> _What to work on_: Read through the data and report every line in which the word "Assoc" occurs.

Collected data entries
※ ※ ※
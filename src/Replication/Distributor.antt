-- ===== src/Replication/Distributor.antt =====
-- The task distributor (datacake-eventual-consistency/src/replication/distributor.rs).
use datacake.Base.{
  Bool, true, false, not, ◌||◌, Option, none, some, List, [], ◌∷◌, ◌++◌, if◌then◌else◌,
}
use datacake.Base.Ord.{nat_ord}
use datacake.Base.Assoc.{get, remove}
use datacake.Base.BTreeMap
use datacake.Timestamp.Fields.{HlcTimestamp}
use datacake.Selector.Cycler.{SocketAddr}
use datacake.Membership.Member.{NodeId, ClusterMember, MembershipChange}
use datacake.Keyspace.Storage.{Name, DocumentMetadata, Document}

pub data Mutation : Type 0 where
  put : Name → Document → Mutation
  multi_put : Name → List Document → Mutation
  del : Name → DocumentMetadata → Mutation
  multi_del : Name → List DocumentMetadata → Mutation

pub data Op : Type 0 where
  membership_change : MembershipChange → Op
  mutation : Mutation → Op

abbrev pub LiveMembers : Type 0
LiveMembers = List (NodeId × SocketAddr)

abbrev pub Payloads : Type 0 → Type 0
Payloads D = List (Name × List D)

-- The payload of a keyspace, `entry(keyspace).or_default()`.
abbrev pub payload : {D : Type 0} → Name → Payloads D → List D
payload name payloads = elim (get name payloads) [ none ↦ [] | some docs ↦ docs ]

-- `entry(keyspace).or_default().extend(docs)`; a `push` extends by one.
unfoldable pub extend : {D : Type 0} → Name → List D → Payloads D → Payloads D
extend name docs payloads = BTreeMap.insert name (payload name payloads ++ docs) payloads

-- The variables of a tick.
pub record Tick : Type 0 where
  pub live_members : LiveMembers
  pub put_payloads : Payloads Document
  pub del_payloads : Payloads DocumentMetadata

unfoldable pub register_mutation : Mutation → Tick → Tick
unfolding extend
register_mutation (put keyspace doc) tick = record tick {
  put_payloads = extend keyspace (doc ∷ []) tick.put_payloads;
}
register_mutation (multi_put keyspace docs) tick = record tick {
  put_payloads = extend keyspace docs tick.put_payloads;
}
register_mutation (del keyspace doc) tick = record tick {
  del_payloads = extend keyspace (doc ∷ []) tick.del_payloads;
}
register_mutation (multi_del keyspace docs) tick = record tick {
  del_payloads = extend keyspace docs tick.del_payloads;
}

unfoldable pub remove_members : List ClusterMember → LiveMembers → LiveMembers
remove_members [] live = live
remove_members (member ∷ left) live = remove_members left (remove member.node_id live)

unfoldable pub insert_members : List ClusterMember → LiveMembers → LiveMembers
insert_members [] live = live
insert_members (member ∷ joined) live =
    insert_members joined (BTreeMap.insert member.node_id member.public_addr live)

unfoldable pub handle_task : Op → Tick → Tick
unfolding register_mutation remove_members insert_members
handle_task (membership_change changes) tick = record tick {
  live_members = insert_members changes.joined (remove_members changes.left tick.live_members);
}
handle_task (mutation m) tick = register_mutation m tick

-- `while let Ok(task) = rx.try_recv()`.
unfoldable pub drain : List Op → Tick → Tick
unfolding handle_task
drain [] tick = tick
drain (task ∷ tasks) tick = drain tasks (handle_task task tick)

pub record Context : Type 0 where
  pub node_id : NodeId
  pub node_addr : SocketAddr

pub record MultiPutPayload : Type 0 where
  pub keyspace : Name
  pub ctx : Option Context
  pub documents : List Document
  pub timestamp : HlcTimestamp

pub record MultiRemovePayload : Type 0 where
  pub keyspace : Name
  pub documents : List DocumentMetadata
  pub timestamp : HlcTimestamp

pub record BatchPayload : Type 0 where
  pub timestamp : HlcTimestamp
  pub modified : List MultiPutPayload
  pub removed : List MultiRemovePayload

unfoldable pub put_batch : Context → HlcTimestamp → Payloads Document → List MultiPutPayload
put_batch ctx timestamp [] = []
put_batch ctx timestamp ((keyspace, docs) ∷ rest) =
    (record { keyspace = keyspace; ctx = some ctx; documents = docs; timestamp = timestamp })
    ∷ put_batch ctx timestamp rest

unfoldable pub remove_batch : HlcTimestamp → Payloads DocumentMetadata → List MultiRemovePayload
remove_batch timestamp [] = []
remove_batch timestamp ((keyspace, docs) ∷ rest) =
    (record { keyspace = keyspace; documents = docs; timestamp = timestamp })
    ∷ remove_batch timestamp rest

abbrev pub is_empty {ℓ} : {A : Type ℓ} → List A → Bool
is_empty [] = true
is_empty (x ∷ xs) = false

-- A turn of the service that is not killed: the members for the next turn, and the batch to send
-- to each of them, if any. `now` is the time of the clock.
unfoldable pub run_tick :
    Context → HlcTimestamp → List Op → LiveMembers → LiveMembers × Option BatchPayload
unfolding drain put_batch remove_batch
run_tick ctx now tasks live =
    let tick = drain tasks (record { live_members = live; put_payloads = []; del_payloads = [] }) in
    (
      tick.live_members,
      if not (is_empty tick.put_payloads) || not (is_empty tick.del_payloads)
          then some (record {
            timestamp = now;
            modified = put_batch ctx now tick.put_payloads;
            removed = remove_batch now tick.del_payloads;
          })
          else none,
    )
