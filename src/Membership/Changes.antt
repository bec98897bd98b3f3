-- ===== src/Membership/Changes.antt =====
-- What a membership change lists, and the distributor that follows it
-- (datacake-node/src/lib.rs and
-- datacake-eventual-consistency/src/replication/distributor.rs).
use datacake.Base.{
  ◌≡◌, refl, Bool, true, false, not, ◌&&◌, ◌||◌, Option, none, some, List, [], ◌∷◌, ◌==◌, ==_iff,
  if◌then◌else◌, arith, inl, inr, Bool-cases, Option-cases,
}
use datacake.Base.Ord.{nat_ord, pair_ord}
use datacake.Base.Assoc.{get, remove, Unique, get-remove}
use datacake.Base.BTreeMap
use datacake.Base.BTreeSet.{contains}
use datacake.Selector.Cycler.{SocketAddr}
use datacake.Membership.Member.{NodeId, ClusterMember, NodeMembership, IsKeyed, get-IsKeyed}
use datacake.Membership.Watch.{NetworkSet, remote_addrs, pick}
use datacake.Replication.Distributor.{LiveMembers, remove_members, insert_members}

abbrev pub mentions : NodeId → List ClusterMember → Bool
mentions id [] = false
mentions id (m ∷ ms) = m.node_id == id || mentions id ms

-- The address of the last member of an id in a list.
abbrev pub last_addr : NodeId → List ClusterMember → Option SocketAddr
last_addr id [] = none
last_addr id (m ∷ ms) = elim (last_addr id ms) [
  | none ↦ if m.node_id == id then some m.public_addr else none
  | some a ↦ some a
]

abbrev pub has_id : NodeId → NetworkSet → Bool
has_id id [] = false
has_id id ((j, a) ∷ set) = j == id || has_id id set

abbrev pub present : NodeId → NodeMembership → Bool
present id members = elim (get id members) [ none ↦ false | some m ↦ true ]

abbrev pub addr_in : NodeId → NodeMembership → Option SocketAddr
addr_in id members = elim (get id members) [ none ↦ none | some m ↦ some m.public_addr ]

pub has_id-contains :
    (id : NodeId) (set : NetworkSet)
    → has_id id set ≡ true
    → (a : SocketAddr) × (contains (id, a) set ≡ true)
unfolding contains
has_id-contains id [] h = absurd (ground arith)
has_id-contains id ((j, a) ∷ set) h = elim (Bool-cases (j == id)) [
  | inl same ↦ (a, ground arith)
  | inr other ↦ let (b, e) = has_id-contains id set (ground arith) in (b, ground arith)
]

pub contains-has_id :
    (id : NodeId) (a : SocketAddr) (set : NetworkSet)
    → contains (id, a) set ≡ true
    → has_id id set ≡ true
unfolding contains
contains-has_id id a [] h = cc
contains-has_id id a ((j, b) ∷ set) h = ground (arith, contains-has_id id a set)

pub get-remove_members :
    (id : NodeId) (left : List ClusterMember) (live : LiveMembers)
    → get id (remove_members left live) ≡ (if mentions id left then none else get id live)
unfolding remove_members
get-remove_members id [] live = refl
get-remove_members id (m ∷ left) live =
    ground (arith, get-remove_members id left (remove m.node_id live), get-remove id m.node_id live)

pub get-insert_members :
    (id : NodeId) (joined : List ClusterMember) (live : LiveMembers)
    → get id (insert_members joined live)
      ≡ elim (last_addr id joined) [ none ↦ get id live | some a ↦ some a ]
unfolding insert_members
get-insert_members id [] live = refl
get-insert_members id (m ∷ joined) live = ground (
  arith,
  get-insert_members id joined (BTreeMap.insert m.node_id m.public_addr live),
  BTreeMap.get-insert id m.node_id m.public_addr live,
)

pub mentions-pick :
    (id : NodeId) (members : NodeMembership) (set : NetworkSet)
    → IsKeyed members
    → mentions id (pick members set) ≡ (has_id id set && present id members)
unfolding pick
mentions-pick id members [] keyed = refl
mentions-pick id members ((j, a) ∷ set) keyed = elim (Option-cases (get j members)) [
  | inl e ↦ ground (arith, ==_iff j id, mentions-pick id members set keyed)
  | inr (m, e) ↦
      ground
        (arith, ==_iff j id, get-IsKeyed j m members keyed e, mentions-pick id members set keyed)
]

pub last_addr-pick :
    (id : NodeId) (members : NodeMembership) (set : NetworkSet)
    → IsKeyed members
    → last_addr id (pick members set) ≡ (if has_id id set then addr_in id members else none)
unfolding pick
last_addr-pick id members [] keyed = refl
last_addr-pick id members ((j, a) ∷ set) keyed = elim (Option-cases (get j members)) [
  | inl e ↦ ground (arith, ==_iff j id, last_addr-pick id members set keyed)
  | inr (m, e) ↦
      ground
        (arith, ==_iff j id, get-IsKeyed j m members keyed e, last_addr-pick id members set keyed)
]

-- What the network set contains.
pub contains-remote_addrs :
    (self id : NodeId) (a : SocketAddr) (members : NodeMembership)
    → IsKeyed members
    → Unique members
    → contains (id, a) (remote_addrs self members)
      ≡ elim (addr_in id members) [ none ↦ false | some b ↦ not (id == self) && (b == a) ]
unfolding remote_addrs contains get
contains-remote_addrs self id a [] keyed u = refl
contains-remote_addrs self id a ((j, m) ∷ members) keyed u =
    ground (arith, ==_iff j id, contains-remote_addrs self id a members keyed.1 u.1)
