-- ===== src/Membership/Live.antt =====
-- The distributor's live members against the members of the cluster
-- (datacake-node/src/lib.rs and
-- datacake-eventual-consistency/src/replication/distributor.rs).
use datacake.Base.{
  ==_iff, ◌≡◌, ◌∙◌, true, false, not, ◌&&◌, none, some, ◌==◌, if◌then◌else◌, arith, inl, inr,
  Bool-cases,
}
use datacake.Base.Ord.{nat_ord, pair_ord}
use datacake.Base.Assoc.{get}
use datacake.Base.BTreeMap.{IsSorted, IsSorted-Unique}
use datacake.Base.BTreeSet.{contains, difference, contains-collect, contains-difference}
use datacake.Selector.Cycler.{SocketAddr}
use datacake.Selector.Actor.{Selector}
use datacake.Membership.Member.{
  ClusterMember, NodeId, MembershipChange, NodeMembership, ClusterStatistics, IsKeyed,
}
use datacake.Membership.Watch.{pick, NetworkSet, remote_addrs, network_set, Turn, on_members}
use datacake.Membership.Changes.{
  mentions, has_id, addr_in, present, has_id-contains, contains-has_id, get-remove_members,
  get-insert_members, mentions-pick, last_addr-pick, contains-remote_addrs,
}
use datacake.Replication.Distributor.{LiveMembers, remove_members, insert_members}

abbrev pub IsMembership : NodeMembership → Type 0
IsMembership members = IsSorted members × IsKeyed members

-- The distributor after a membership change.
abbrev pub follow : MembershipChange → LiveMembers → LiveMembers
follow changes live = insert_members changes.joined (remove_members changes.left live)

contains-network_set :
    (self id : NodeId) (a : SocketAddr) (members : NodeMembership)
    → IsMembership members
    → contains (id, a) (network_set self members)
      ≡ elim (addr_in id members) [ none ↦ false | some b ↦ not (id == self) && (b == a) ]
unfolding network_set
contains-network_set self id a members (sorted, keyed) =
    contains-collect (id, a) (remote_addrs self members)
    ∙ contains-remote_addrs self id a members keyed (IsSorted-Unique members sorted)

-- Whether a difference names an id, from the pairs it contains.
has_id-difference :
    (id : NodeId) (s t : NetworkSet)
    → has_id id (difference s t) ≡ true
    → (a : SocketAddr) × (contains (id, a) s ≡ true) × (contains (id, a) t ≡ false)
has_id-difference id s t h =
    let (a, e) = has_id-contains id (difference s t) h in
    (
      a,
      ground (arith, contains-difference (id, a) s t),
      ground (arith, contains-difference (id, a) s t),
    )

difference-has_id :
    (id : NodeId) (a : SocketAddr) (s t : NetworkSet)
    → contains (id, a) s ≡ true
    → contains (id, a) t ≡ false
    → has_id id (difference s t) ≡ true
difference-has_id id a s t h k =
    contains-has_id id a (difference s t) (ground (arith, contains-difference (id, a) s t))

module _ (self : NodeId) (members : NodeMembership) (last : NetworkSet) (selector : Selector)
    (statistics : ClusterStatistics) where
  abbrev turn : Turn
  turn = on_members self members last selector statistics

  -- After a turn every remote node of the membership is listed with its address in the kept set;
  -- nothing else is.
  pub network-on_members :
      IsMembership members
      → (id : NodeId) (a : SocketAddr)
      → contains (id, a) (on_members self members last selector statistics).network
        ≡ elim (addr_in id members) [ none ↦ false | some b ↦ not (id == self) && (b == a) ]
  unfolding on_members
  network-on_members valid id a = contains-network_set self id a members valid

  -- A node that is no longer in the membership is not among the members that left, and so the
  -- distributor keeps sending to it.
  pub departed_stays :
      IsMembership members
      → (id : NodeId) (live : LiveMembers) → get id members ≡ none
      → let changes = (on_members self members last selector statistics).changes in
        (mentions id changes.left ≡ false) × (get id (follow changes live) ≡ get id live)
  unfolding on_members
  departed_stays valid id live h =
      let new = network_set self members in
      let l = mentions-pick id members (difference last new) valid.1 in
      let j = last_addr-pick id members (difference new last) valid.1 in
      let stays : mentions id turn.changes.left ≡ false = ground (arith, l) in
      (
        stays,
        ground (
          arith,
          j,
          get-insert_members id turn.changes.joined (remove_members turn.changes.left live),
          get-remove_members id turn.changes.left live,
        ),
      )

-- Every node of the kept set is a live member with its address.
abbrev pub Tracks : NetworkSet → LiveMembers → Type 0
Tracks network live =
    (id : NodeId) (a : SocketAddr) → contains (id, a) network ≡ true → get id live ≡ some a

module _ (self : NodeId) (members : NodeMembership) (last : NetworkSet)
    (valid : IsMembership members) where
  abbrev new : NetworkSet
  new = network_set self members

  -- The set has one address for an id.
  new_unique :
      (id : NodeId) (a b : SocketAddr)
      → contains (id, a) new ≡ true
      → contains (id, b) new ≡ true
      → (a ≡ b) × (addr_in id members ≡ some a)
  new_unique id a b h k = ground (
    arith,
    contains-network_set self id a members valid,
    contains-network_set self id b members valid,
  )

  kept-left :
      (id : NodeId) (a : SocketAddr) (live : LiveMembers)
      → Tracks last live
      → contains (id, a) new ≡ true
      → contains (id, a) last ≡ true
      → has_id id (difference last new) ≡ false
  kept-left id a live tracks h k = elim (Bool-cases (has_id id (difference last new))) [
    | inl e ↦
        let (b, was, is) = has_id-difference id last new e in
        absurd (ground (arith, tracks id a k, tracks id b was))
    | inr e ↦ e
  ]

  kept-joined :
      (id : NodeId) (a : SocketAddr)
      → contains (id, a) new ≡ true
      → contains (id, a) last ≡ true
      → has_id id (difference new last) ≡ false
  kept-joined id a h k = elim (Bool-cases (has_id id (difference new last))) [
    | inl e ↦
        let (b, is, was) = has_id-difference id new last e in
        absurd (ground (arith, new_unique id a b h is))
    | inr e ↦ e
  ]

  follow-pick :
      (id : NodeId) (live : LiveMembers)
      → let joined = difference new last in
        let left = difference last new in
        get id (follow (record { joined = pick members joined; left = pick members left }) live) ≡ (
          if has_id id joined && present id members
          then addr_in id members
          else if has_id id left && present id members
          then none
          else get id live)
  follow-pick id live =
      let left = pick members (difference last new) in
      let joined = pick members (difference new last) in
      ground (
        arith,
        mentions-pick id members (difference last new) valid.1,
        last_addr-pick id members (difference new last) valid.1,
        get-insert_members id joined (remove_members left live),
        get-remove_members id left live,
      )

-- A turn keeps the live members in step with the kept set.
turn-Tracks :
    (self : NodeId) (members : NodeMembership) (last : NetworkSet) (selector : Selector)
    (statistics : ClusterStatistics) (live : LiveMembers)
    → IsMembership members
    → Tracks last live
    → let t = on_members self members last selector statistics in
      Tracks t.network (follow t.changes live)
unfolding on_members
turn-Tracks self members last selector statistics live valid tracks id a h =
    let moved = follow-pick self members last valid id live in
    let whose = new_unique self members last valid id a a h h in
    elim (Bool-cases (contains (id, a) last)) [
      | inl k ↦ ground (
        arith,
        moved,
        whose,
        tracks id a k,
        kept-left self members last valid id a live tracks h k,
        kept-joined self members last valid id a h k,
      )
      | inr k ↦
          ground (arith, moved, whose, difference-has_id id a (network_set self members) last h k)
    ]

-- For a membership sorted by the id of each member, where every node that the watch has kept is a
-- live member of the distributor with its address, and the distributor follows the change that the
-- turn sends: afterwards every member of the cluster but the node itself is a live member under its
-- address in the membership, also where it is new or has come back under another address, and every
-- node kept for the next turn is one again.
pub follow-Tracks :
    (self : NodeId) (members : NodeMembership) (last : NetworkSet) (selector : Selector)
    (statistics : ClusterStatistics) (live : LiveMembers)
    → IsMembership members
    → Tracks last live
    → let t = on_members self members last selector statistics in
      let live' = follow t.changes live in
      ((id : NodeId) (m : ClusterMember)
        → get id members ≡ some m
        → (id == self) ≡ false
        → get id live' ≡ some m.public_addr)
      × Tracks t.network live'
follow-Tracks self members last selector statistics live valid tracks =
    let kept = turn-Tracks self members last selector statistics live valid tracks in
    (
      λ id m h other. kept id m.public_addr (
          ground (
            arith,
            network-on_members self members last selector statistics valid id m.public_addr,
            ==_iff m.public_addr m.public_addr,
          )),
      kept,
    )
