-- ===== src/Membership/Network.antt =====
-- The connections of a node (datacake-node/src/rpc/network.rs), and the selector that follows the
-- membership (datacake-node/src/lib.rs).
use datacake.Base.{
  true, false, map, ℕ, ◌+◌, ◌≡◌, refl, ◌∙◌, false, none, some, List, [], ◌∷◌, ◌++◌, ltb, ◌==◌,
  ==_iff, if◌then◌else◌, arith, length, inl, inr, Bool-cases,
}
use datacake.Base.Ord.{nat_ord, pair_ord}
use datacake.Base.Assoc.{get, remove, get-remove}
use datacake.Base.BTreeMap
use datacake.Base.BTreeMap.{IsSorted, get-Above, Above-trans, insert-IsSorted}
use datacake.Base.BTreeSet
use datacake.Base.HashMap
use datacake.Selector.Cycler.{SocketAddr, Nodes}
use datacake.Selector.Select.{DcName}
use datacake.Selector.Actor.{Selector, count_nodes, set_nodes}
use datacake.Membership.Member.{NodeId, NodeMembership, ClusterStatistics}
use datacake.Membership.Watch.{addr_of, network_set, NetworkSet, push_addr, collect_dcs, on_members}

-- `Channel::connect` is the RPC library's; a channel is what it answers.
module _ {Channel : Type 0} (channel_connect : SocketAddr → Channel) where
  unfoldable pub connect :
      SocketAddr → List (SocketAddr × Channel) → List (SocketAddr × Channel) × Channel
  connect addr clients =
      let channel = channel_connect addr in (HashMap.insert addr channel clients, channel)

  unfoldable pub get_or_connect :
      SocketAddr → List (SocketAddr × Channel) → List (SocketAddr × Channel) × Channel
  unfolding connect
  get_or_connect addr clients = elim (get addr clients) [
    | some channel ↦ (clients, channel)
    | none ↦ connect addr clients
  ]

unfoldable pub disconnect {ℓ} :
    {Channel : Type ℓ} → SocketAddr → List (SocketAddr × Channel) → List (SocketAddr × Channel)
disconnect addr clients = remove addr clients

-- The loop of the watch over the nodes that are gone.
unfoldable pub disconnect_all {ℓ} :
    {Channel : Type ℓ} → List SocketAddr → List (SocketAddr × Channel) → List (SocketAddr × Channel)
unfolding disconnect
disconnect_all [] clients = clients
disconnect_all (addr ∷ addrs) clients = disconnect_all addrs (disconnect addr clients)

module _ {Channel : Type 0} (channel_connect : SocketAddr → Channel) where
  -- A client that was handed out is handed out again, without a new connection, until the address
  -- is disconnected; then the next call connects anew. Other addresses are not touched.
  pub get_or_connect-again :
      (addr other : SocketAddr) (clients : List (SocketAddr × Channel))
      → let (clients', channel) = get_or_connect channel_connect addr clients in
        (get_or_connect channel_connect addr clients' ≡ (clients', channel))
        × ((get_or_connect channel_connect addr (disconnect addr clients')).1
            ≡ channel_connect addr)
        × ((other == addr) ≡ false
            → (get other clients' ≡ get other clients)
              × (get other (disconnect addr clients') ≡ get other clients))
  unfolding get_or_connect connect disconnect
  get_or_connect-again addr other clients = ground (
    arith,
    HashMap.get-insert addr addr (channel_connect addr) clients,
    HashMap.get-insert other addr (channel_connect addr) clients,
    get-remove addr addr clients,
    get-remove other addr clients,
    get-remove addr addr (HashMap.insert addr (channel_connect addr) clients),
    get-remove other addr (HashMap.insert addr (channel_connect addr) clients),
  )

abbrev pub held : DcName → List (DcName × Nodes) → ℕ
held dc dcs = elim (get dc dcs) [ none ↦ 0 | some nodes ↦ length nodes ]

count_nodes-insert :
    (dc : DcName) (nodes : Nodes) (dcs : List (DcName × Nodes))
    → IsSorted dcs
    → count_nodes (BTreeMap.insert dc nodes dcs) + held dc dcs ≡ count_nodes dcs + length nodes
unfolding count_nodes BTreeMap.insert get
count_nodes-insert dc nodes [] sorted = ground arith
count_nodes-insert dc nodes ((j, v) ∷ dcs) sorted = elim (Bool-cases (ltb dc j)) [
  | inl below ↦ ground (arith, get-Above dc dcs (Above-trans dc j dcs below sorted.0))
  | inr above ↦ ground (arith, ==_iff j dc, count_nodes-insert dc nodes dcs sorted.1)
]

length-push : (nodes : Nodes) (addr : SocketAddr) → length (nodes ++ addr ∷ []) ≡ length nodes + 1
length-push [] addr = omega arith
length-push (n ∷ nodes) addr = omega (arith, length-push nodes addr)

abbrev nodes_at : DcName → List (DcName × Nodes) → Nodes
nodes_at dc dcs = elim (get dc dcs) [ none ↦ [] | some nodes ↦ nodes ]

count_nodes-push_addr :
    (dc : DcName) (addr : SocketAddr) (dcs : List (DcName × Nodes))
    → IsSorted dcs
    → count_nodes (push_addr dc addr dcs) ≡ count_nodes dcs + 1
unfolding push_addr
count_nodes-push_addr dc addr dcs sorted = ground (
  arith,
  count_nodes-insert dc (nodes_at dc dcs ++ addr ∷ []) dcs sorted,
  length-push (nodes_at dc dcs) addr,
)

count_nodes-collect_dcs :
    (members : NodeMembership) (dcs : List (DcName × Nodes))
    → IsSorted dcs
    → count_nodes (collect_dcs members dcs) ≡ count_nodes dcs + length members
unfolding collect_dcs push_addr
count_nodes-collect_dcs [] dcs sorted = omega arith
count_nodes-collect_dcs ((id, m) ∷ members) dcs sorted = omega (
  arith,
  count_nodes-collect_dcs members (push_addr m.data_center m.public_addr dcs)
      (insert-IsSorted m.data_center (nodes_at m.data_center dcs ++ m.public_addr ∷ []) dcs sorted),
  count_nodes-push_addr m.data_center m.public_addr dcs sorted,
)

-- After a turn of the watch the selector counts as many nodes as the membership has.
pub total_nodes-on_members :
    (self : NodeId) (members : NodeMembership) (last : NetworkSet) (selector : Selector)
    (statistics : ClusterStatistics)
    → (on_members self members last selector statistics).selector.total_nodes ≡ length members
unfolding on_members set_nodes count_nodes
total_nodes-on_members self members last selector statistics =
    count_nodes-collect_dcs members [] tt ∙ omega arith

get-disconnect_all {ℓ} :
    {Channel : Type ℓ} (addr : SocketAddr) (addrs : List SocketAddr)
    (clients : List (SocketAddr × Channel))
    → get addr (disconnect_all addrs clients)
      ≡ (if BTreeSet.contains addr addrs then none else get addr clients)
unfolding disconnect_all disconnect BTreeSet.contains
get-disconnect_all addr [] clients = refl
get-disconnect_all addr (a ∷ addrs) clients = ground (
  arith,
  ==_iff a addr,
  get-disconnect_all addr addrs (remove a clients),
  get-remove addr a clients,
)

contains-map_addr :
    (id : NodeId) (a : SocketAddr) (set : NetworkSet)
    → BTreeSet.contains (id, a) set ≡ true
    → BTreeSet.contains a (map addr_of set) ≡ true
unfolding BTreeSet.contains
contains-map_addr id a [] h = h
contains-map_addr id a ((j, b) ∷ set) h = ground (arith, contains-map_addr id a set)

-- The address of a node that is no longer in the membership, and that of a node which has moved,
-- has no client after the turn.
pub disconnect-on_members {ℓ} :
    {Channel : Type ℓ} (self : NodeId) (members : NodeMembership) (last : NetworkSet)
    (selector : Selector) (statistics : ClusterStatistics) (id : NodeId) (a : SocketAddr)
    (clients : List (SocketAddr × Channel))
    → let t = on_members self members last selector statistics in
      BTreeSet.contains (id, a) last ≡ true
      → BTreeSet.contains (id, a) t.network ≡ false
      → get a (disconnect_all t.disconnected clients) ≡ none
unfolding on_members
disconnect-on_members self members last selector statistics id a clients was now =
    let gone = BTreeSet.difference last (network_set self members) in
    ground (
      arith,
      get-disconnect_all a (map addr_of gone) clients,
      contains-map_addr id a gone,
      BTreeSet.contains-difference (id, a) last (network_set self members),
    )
※ ※ ※
> _Task result_:
use datacake.Base.Assoc.{get, remove}
use datacake.Base.Assoc.{get, remove, Unique, get-remove}
use datacake.Base.Assoc.{get}
use datacake.Base.Assoc.{get, remove, get-remove}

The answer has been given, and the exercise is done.